According to the Land Transport Authority (LTA), nearly one in four cars had their Certificates of Entitlement (COEs) renewed in 2016. Higher car prices from an increase in import taxes and surcharges in recent years, and uncertain economic climates, has contributed to more COE revalidations, as car owners seek alternatives to new car ownership.
In 2017, more than 100,000 cars will see their COEs approach expiry, and three out of 10 cars are currently over eight-years old. If you own one of these cars, you will have a decision to make as its COE expiry deadline approaches. Here are 10 things to know before deciding to give your car a new lease of life.
- You will forgo your PARF rebate
When you opt to renew your car’s COE, you’ll instantly lose its PARF rebate. This is the amount of money the Government returns you upon deregistration, also known as the scrap value.
This should be considered if your car’s ARF value is fairly significant. For example, if you have a premium car such as 2007 Mercedes-Benz E200, which usually has an ARF value of around $50,000, you will be forgoing $25,000 in PARF rebates upon renewal. In contrast, cars like a 2007 Honda Civic, which typically has an ARF of about $20,000, will only ‘lose’ $10,000 in PARF rebates.
- There is additional loading on road tax for cars over 10-years old
For cars over 10-years old, there is an additional surcharge levied on its road tax. This is chargeable at 10% over the car’s regular yearly road tax rate, up to a maximum of 50%. For cars with large capacity engines, the increase can be quite significant. Using an example of a 2.4-litre car, its annual road tax will gradually increase from $1,632 beyond its 11th year, before hitting a maximum of $2,458 from the 15th year onwards.
- Non-renewable if COE is only revalidated for five years
There is an option of renewing your car’s COE for five years instead of 10, for which you pay half of the Prevailing Quota Premium (PQP) upon renewal. This might be a more financially sound option for those who don’t have as much cash for a 10-year COErenewal, but note that if you opt for a five-year renewal, you will be unable to extend the car’s lifespan beyond that. A 10-year COE can be renewed in perpetuity.
This does not apply to commercial vehicles however, which can be further renewed with a five-year revalidated COE, with a maximum lifespan of 20 years.
- You will suffer less depreciation on your car after renewal
Renewing your car’s COE will always be more financially accessible than buying a new car, as you’ll only pay for the new COE. Therefore, the resulting depreciation over the next 10 years will be significantly less.

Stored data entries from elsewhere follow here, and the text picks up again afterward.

-- ===== src/Cbor/Canonical/Written/Maps.antt =====
-- The canonical reader on written arrays and maps, given how it reads their parts.
use aafp_go.Base.{
  ℕ, suc, ◌≤◌, ◌≡◌, refl, ap, ◌∙◌, le→ltb, Bytes, List, [], ◌∷◌, ◌++◌, length, All, length-append,
  append_assoc, ok, arith,
}
use aafp_go.Base.Int.{ℤ}
use aafp_go.Cbor.{Value, Items, array, int_map, to_int_entries, Limits}
use aafp_go.Cbor.Head.{encode_head}
use aafp_go.Cbor.Encode.{encode_items, count_items, write_ints, write_strs}
use aafp_go.Cbor.Encode.Unordered.{Distinct}
use aafp_go.Cbor.Decode.{decode_items}
use aafp_go.Cbor.Canonical.{
  canonical_value, canonical_body, canonical_array, canonical_map, canonical_step, map_of_seen,
}
use aafp_go.Cbor.Decode.RoundTrip.Sorting.{map_values}
use aafp_go.Cbor.Decode.RoundTrip.Shape.{canon_items, str_map_of}
use aafp_go.Cbor.Decode.RoundTrip.Parts.{Room}
use aafp_go.Cbor.Decode.RoundTrip.Pairs.{Both, value_of, bytes_of}
use aafp_go.Cbor.Decode.RoundTrip.Maps.{length-write_ints-le, length-write_strs-le}
use aafp_go.Cbor.Decode.RoundTrip.Values.{count_items-le}
use aafp_go.Cbor.Canonical.Written.Parts.{Accepts, canonical_step-head, behind_head}
use aafp_go.Cbor.Canonical.Written.Entries.{only_strs, AcceptsInt, AcceptsStr, read_ints, read_strs}

map_of_seen-strs : (es : List (Bytes × Value)) → map_of_seen (only_strs es) ≡ ok (str_map_of es)
unfolding map_of_seen
map_of_seen-strs [] = refl
map_of_seen-strs (e ∷ es) = refl

module _ (limits : Limits) (len : ℕ) (room : Room limits len) where
  pub Accepts-array :
      (f : ℕ) (xs : Items)
      → ((rest : Bytes)
          → length (encode_items xs ++ rest) ≤ len
          → decode_items (canonical_value limits len f) (count_items xs) (encode_items xs ++ rest)
            ≡ ok (canon_items xs, rest))
      → Accepts limits len room
          (suc f)
          (array (canon_items xs))
          (encode_head 0x80 (count_items xs) ++ encode_items xs)
  unfolding canonical_value canonical_body canonical_array
  Accepts-array f xs read rest fits =
      let head = encode_head 0x80 (count_items xs) in
      let body = encode_items xs in
      let behind = behind_head limits len room 0x80 (count_items xs) body rest fits in
      let many : count_items xs ≤ length (body ++ rest) =
        omega (arith, length-append body rest, count_items-le xs) in
      ap (canonical_step limits len (canonical_value limits len f)) (append_assoc head body rest)
      ∙ canonical_step-head limits len room (canonical_value limits len f) 4 (count_items xs)
          (body ++ rest) (omega arith) (omega (arith, room.is_int_len))
      ∙ rw (le→ltb limits.max_values (count_items xs) (omega (arith, room.values_fit)))
          (rw (read rest behind))

  pub Accepts-int_map :
      (f : ℕ) (ts : List (Both ℤ))
      → All (AcceptsInt limits len room f) ts
      → Distinct ts
      → Accepts limits len room
          (suc (suc f))
          (int_map (to_int_entries (map_values value_of ts)))
          (encode_head 0xa0 (length ts) ++ write_ints (map_values bytes_of ts))
  unfolding canonical_value canonical_body canonical_map map_of_seen
  Accepts-int_map f ts h distinct rest fits =
      let head = encode_head 0xa0 (length ts) in
      let body = write_ints (map_values bytes_of ts) in
      let behind = behind_head limits len room 0xa0 (length ts) body rest fits in
      ap (canonical_step limits len (canonical_value limits len (suc f)))
        (append_assoc head body rest)
      ∙ canonical_step-head limits len room (canonical_value limits len (suc f)) 5 (length ts)
          (body ++ rest) (omega arith)
          (omega (arith, length-append body rest, length-write_ints-le ts, room.is_int_len))
      ∙ rw (read_ints limits len room f ts rest h distinct behind)

  pub Accepts-str_map :
      (f : ℕ) (ts : List (Both Bytes))
      → All (AcceptsStr limits len room f) ts
      → Distinct ts
      → Accepts limits len room
          (suc (suc f))
          (str_map_of (map_values value_of ts))
          (encode_head 0xa0 (length ts) ++ write_strs (map_values bytes_of ts))
  unfolding canonical_value canonical_body canonical_map
  Accepts-str_map f ts h distinct rest fits =
      let head = encode_head 0xa0 (length ts) in
      let body = write_strs (map_values bytes_of ts) in
      let behind = behind_head limits len room 0xa0 (length ts) body rest fits in
      ap (canonical_step limits len (canonical_value limits len (suc f)))
        (append_assoc head body rest)
      ∙ canonical_step-head limits len room (canonical_value limits len (suc f)) 5 (length ts)
          (body ++ rest) (omega arith)
          (omega (arith, length-append body rest, length-write_strs-le ts, room.is_int_len))
      ∙ rw (read_strs limits len room f ts rest h distinct behind)
          (rw (map_of_seen-strs (map_values value_of ts)))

Using again, the above example, a new Honda Civic retails for $111,999 inclusive of COE, and has an ARF of about $20,000. The PARF rebate after 10 years will therefore be $10,000 while the annual depreciation will be $10,199.
If you renew the COE of your existing Civic, the depreciation is simply a division of the renewal premium (which currently stands at $49,429 for category A cars) over the next 10 years. Even if you take into account the loss of the PARF rebate, the depreciation will still be less than $6,000 annually.
- Renewal is based on average COE prices
Should you decide to renew your car’s COE, what you need to do is to pay the PQP, which is the average of the COE prices over the last three months. For vehicles, which have a Category E Open COE, your PQP will be based on the respective category that your vehicle belongs in (Category A, B or C).
- You can still renew your COE after it has expired
You can renew your car’s COE up to a month after it has expired. You will need to send in a request at the LTA’s Customer Service Centre at Sin Ming. Payment can only be made in cash, cashier’s order or NETS, and there are late payment fees applicable, depending on the type of vehicle you are renewing the COE for.
If you choose to renew before COE expiry, you pay using Internet banking via the LTA’s website, or send the payment by post. This has to be done at least two weeks before your car’s COE expiry.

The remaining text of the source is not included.